** Opening Dataset records block **
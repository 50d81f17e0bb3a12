-- ===== src/Base/Int.antt =====
-- Values of the type `int`, of which the program uses -1, the sizes and the indices.
use Prim.Native.Nat.{ℕ, zero, suc, ◌-◌, ◌%◌, ◌^◌}
use mathlib.Core.Bool.{Bool, true, false}
use game_network.Base.Tests.{leb}

-- `negsuc n` is -(n + 1).
pub data ℤ : Type 0 where
  pos : ℕ → ℤ
  negsuc : ℕ → ℤ

-- `static_cast<unsigned>(i)`, of 32 bits.
abbrev pub to_unsigned : ℤ → ℕ
to_unsigned (pos n) = n % 2 ^ 32
to_unsigned (negsuc n) = (2 ^ 32 - suc n % 2 ^ 32) % 2 ^ 32

-- `n <= i` for an `n` that is not negative.
abbrev pub leb_ℤ : ℕ → ℤ → Bool
leb_ℤ n (pos m) = leb n m
leb_ℤ n (negsuc m) = false

-- `i <= n` for an `n` that is not negative.
abbrev pub ℤ_leb : ℤ → ℕ → Bool
ℤ_leb (pos m) n = leb m n
ℤ_leb (negsuc m) n = true

-- `++i` and `--i`.
abbrev pub add_one_ℤ : ℤ → ℤ
add_one_ℤ (pos n) = pos (suc n)
add_one_ℤ (negsuc zero) = pos 0
add_one_ℤ (negsuc (suc n)) = negsuc n

abbrev pub sub_one_ℤ : ℤ → ℤ
sub_one_ℤ (pos zero) = negsuc 0
sub_one_ℤ (pos (suc n)) = pos n
sub_one_ℤ (negsuc n) = negsuc (suc n)

-- `i > 0`, `i >= 0`, and the value of an `i` that passes.
abbrev pub is_positive : ℤ → Bool
is_positive (pos zero) = false
is_positive (pos (suc n)) = true
is_positive (negsuc n) = false

abbrev pub is_index : ℤ → Bool
is_index (pos n) = true
is_index (negsuc n) = false

-- A comparison whose outcome is stored in an `int`.
abbrev pub as_int : Bool → ℕ
as_int true = 1
as_int false = 0

abbrev pub to_index : ℤ → ℕ
to_index (pos n) = n
to_index (negsuc n) = 0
** Closing Dataset records block **
▶ What to work on
What you write must match the records above line for line.

▶ Exercise result
repository 50d81f17e0bb3a12
-- ===== src/Base/Int.antt =====
-- Values of the type `int`, of which the program uses -1, the sizes and the indices.
use Prim.Native.Nat.{ℕ, zero, suc, ◌-◌, ◌%◌, ◌^◌}
use mathlib.Core.Bool.{Bool, true, false}
use game_network.Base.Tests.{leb}

-- `negsuc n` is -(n + 1).
pub data ℤ : Type 0 where
  pos : ℕ → ℤ
  negsuc : ℕ → ℤ

-- `static_cast<unsigned>(i)`, of 32 bits.
abbrev pub to_unsigned : ℤ → ℕ
to_unsigned (pos n) = n % 2 ^ 32
to_unsigned (negsuc n) = (2 ^ 32 - suc n % 2 ^ 32) % 2 ^ 32

-- `n <= i` for an `n` that is not negative.
abbrev pub leb_ℤ : ℕ → ℤ → Bool
leb_ℤ n (pos m) = leb n m
leb_ℤ n (negsuc m) = false

-- `i <= n` for an `n` that is not negative.
abbrev pub ℤ_leb : ℤ → ℕ → Bool
ℤ_leb (pos m) n = leb m n
ℤ_leb (negsuc m) n = true

-- `++i` and `--i`.
abbrev pub add_one_ℤ : ℤ → ℤ
add_one_ℤ (pos n) = pos (suc n)
add_one_ℤ (negsuc zero) = pos 0
add_one_ℤ (negsuc (suc n)) = negsuc n

abbrev pub sub_one_ℤ : ℤ → ℤ
sub_one_ℤ (pos zero) = negsuc 0
sub_one_ℤ (pos (suc n)) = pos n
sub_one_ℤ (negsuc n) = negsuc (suc n)

-- `i > 0`, `i >= 0`, and the value of an `i` that passes.
abbrev pub is_positive : ℤ → Bool
is_positive (pos zero) = false
is_positive (pos (suc n)) = true
is_positive (negsuc n) = false

abbrev pub is_index : ℤ → Bool
is_index (pos n) = true
is_index (negsuc n) = false

-- A comparison whose outcome is stored in an `int`.
abbrev pub as_int : Bool → ℕ
as_int true = 1
as_int false = 0

abbrev pub to_index : ℤ → ℕ
to_index (pos n) = n
to_index (negsuc n) = 0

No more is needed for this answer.